The Conservative Party also wants to create more nurseries by introducing the presumption that all new primary schools should include one. They promise to deliver a world-class technical education by replacing 13,000 existing technical qualifications with the new T-levels.

Read the 2017 Conservative Manifesto here.

Russell Hobby, NAHT General Secretary, commented:

All the evidence shows that school budgets are at breaking point. The Conservatives’ decision to pledge an increase in the schools budget of £4 billion by 2022 is therefore welcome. But £4 billion over five years is short of what is needed, and we need to be clear when this is to be delivered and any ring-fencing that may apply.

There is finally an admission here that there is not enough in the mainstream schools budget, which is welcome. The Conservatives now accept what those in education have been saying. However, they are short of what is needed for schools to just stand still. Moreover, their remedy to take money away from universal infant free school meals to help plug this gap is disappointing. This is just moving money around inside the system.

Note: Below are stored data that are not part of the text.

-- ===== src/Validation/Engine/Exact.antt =====
-- server/src/services/validation/engine.ts: the findings of a whole evaluation, stated without the
-- loop.
use cargo_execution_assistan.Prelude.{
  ◌≡◌, refl, ◌↔◌, ◌⊎◌, inl, inr, String, true, false, ◌||◌, List, [], ◌∷◌, ◌++◌, map, sym, ◌∙◌, ap,
  ok, >>=-eq-ok, has, All, arith, eq_iff,
}
use cargo_execution_assistan.Text.{Text}
use cargo_execution_assistan.Validation.Entry.{CanonicalEntryRecord}
use cargo_execution_assistan.Validation.Rule.{RuleDefinition, Finding, ValidationEvaluation}
use cargo_execution_assistan.Validation.Engine.{
  is_gated, Progress, started, step, evaluate_from, evaluate,
}
use cargo_execution_assistan.Validation.Engine.Loop.{
  ids, IsUnsatisfied, IsReported, IsQuiet, step_lem, Grows, evaluate_from-Grows,
}

abbrev pub finding_ids : List Finding → List String
finding_ids fs = map (λ f. f.rule_id) fs

-- A rule's id is not that of a later rule, and its gates are neither itself nor later rules.
abbrev pub IsOrdered : List RuleDefinition → Type 0
IsOrdered [] = Unit
IsOrdered (rule ∷ rules) =
    (has rule.rule_id (ids rules) ≡ false)
    × (is_gated rule.requires_passed (rule.rule_id ∷ ids rules) ≡ false)
    × IsOrdered rules

has-append : (k : String) (xs ys : List String) → has k (xs ++ ys) ≡ (has k xs || has k ys)
has-append k [] ys = refl
has-append k (x ∷ xs) ys = ground (arith, has-append k xs ys)

is_gated-append :
    (deps xs ys : List String) → is_gated deps (xs ++ ys) ≡ (is_gated deps xs || is_gated deps ys)
is_gated-append [] xs ys = refl
is_gated-append (d ∷ deps) xs ys = ground (arith, has-append d xs ys, is_gated-append deps xs ys)

-- An id outside the rules is not among findings that are theirs.
has-listed :
    (k : String) (ks : List String) (fs : List Finding)
    → has k ks ≡ false
    → All (λ f. has f.rule_id ks ≡ true) fs
    → has k (finding_ids fs) ≡ false
has-listed k ks [] h a = refl
has-listed k ks (f ∷ fs) h a = ground (arith, eq_iff k f.rule_id, has-listed k ks fs h a.1)

is_gated-listed :
    (deps ks : List String) (fs : List Finding)
    → is_gated deps ks ≡ false
    → All (λ f. has f.rule_id ks ≡ true) fs
    → is_gated deps (finding_ids fs) ≡ false
is_gated-listed [] ks fs h a = refl
is_gated-listed (d ∷ deps) ks fs h a =
    ground (arith, has-listed d ks fs, is_gated-listed deps ks fs)

-- No id of the rules has failed yet.
abbrev IsFresh : List String → List RuleDefinition → Type 0
IsFresh failed rules = All (λ rule. has rule.rule_id failed ≡ false) rules

IsFresh-append :
    (failed : List String) (k : String) (rules : List RuleDefinition)
    → has k (ids rules) ≡ false
    → IsFresh failed rules
    → IsFresh (failed ++ k ∷ []) rules
IsFresh-append failed k [] h a = tt
IsFresh-append failed k (rule ∷ rules) h a = (
  ground (
    arith,
    has-append rule.rule_id failed (k ∷ []),
    eq_iff k rule.rule_id,
    eq_iff rule.rule_id k,
  ),
  IsFresh-append failed k rules (ground arith) a.1,
)

module _ (r : CanonicalEntryRecord) (received_at : Text) where
  -- The rule is in the set of the failed ones exactly when it is due.
  abbrev pub IsExact : List String → RuleDefinition → Type 0
  IsExact failed rule =
      (has rule.rule_id failed ≡ true)
      ↔ ((is_gated rule.requires_passed failed ≡ false) × IsUnsatisfied r received_at rule)

  -- What the later rules add changes neither the rule's mark nor its gate.
  later_unseen :
      (rule : RuleDefinition) (rules : List RuleDefinition) (m q : Progress)
      → IsOrdered (rule ∷ rules)
      → Grows r received_at rules m q
      → (has rule.rule_id q.failed ≡ has rule.rule_id m.failed)
        × (is_gated rule.requires_passed q.failed ≡ is_gated rule.requires_passed m.failed)
  later_unseen rule rules m q o g =
      let deps = rule.requires_passed in
      let apart : is_gated deps (ids rules) ≡ false =
        ground (arith, is_gated-append deps (rule.rule_id ∷ []) (ids rules)) in
      (
        rw (g.failed, has-append, has-listed rule.rule_id (ids rules) g.added o.0 g.listed)
            (ground arith),
        rw (g.failed, is_gated-append, is_gated-listed deps (ids rules) g.added apart g.listed)
            (ground arith),
      )

  first-IsExact :
      (rule : RuleDefinition) (rules : List RuleDefinition) (p m q : Progress)
      → IsOrdered (rule ∷ rules)
      → has rule.rule_id p.failed ≡ false
      → IsQuiet r received_at rule p m ⊎ IsReported r received_at rule p m
      → Grows r received_at rules m q
      → IsExact q.failed rule
  first-IsExact rule rules p m q o fresh s g =
      let (same_mark, same_gate) = later_unseen rule rules m q o g in
      rw (same_mark, same_gate)
        (elim s [
          | inl quiet ↦ rw quiet.failed (
            λ e. cc,
            λ due. elim quiet.reason [ inl gated ↦ cc | inr held ↦ absurd (held due.1) ],
          )
          | inr reported ↦ (λ e. (open_gate reported, reported.unsatisfied), λ due. marked reported)
        ])
    where
      deps : List String
      deps = rule.requires_passed

      open_gate : IsReported r received_at rule p m → is_gated deps m.failed ≡ false
      open_gate s = ground (
        arith,
        s.failed,
        s.ungated,
        is_gated-append deps p.failed (rule.rule_id ∷ []),
        is_gated-append deps (rule.rule_id ∷ []) (ids rules),
      )

      marked : IsReported r received_at rule p m → has rule.rule_id m.failed ≡ true
      marked s = ground (
        arith,
        s.failed,
        has-append rule.rule_id p.failed (rule.rule_id ∷ []),
        eq_iff rule.rule_id rule.rule_id,
      )

  evaluate_from-IsExact :
      (rules : List RuleDefinition) (p q : Progress)
      → IsOrdered rules
      → IsFresh p.failed rules
      → evaluate_from r received_at rules p ≡ ok q
      → All (IsExact q.failed) rules
  unfolding evaluate_from
  evaluate_from-IsExact [] p q o fresh h = tt
  evaluate_from-IsExact (rule ∷ rules) p q o fresh h =
      let (m, e, h1) = >>=-eq-ok (step r received_at rule p) _ h in
      let s = step_lem r received_at rule p m e in
      let still : IsFresh m.failed rules = elim s [
        | inl quiet ↦ rw quiet.failed fresh.1
        | inr reported ↦ rw reported.failed (IsFresh-append p.failed rule.rule_id rules o.0 fresh.1)
      ] in
      (
        first-IsExact rule rules p m q o fresh.0 s (evaluate_from-Grows r received_at rules m q h1),
        evaluate_from-IsExact rules m q o.2 still h1,
      )

-- The set `failed` holds the ids of the findings.
failed-eq-ids :
    (r : CanonicalEntryRecord) (received_at : Text) (rules : List RuleDefinition) (q : Progress)
    → evaluate_from r received_at rules started ≡ ok q
    → q.failed ≡ finding_ids q.findings
failed-eq-ids r received_at rules q h =
    let g = evaluate_from-Grows r received_at rules started q h in
    g.failed ∙ ap finding_ids (sym g.findings)

-- In an ordered registry an evaluation that returns reports a rule exactly when it is applicable
-- and not satisfied and none of the rules that it requires is reported.
pub evaluate-IsExact :
    (r : CanonicalEntryRecord) (received_at : Text) (rules : List RuleDefinition)
    (e : ValidationEvaluation)
    → IsOrdered rules
    → evaluate r received_at rules ≡ ok e
    → All (IsExact r received_at (finding_ids e.findings)) rules
unfolding evaluate
evaluate-IsExact r received_at rules e o h =
    let (q, eq, h1) = >>=-eq-ok (evaluate_from r received_at rules started) _ h in
    let same : q.findings ≡ e.findings = ground arith in
    let exact = evaluate_from-IsExact r received_at rules started q o (none_failed rules) eq in
    rw (← same, ← failed-eq-ids r received_at rules q eq) exact
  where
    none_failed : (rules : List RuleDefinition) → IsFresh [] rules
    none_failed [] = tt
    none_failed (rule ∷ rules) = (refl, none_failed rules)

Geoff Barton, ASCL General Secretary, said:

We welcome any improvement to school funding, but unfortunately the Conservative pledge of a £4 billion boost includes a large element of sleight of hand. The schools budget would have to increase by about £2.8 billion in any case because the pupil population will rise by 490,000 by 2022. So, the ‘extra’ money is in fact just over £1 billion, which is not enough to counteract the rising costs which are hitting schools and will amount to £3 billion a year by 2020. We calculate that the schools budget would need to increase by a total of between £6 billion and £7 billion to counter the impact of rising costs and implement the planned National Funding Formula in a way which is truly equitable.

We support the proposed investment in technical education, but we are very disappointed that there is no recognition of the urgent need for improved funding in post-16 education in general. The current level of funding is woefully inadequate and is leading to cuts in A levels and other courses.